◆ **Provided information**:
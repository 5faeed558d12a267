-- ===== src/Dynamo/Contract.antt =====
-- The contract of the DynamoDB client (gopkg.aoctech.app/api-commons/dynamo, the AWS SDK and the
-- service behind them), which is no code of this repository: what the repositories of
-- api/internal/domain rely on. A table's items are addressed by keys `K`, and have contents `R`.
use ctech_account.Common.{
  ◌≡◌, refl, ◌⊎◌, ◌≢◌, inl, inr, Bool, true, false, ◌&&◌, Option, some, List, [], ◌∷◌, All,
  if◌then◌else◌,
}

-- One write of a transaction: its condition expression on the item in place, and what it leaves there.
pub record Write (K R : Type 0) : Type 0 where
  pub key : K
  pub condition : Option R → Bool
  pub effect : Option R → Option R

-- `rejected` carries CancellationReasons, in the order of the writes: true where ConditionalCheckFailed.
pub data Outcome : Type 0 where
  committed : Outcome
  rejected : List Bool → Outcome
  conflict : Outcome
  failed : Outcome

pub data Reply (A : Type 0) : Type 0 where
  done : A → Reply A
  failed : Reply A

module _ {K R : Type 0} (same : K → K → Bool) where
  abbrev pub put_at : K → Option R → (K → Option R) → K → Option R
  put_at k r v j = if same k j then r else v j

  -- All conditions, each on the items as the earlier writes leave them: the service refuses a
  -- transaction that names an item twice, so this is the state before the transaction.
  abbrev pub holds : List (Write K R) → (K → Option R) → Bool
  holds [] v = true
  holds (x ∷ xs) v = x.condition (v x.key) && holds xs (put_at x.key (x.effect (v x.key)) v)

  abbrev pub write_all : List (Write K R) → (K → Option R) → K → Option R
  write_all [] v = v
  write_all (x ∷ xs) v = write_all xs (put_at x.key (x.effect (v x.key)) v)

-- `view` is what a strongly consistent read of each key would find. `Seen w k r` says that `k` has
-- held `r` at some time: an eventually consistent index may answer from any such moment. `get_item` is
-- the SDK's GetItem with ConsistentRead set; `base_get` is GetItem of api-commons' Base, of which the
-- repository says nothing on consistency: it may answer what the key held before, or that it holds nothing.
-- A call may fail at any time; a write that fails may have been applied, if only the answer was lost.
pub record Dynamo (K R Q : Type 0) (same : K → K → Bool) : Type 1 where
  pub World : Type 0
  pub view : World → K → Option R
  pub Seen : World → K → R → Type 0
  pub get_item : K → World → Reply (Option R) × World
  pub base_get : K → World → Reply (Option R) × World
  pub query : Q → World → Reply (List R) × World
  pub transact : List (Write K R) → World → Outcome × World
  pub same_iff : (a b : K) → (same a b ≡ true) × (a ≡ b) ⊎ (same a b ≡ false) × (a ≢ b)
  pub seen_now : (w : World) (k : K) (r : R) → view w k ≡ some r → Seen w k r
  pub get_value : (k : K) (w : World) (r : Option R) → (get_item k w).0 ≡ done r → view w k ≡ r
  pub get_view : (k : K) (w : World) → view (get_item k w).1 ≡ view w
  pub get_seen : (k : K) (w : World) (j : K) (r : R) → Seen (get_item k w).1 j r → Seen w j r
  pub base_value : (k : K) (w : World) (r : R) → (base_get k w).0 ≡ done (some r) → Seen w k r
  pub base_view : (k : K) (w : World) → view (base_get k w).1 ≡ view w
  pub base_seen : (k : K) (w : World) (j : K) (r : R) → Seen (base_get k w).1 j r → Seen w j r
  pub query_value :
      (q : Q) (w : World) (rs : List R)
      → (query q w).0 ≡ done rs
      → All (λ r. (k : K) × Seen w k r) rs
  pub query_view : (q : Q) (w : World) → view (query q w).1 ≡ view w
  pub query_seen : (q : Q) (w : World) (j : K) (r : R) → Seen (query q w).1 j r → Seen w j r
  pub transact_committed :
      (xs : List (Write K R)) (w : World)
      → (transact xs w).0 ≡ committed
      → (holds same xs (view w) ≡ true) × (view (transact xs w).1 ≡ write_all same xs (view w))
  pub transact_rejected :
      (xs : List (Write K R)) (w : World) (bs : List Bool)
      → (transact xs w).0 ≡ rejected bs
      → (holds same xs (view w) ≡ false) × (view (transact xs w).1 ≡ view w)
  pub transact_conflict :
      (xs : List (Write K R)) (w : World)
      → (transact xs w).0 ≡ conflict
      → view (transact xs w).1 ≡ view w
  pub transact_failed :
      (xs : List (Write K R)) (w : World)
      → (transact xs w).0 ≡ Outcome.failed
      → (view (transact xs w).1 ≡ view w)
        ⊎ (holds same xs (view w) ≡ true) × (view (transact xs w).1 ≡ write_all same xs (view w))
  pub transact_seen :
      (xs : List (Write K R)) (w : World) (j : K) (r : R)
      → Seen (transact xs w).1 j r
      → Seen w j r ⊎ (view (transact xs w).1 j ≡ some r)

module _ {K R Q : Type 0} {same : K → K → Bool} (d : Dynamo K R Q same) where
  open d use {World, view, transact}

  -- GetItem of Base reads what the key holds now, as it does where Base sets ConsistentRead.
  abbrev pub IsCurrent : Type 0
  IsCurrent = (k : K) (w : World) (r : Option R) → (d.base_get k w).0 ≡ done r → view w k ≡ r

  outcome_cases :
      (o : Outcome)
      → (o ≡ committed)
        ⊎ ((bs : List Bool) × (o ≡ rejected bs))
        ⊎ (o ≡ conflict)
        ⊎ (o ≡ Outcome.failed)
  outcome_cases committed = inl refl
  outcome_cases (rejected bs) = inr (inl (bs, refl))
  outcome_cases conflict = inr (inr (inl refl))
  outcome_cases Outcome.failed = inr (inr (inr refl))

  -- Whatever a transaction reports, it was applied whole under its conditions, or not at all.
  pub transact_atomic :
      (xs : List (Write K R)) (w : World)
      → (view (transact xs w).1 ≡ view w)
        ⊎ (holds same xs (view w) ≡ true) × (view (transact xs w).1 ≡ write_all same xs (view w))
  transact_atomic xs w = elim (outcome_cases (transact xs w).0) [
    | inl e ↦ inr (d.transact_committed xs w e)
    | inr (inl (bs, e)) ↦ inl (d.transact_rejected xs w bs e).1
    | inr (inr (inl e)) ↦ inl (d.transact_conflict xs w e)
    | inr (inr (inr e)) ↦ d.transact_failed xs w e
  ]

...

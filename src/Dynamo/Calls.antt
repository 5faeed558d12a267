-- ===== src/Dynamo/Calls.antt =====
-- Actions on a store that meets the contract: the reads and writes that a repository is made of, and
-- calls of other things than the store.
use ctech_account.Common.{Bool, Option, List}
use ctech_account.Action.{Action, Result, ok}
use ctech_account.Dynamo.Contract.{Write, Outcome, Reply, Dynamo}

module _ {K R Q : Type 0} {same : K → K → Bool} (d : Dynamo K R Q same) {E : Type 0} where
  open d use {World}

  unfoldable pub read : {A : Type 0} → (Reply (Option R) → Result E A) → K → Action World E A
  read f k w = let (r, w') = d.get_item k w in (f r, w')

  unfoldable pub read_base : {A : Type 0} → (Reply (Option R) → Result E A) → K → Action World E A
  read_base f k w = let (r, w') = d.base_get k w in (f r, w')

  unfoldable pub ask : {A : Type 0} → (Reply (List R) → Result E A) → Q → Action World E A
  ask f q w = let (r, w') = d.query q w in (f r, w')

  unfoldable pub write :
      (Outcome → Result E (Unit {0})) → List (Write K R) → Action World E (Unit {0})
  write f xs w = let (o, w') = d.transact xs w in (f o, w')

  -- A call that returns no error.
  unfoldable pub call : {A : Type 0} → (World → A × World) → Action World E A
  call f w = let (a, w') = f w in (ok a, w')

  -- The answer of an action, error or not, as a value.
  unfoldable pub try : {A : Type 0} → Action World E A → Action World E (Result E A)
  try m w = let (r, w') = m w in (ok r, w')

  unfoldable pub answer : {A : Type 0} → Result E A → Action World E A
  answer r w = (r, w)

◆ **To do**: Sift through the material above and copy each line that holds "abbrev".

◆ **Your solution**:
  abbrev pub put_at : K → Option R → (K → Option R) → K → Option R
  abbrev pub holds : List (Write K R) → (K → Option R) → Bool
  abbrev pub write_all : List (Write K R) → (K → Option R) → K → Option R
  abbrev pub IsCurrent : Type 0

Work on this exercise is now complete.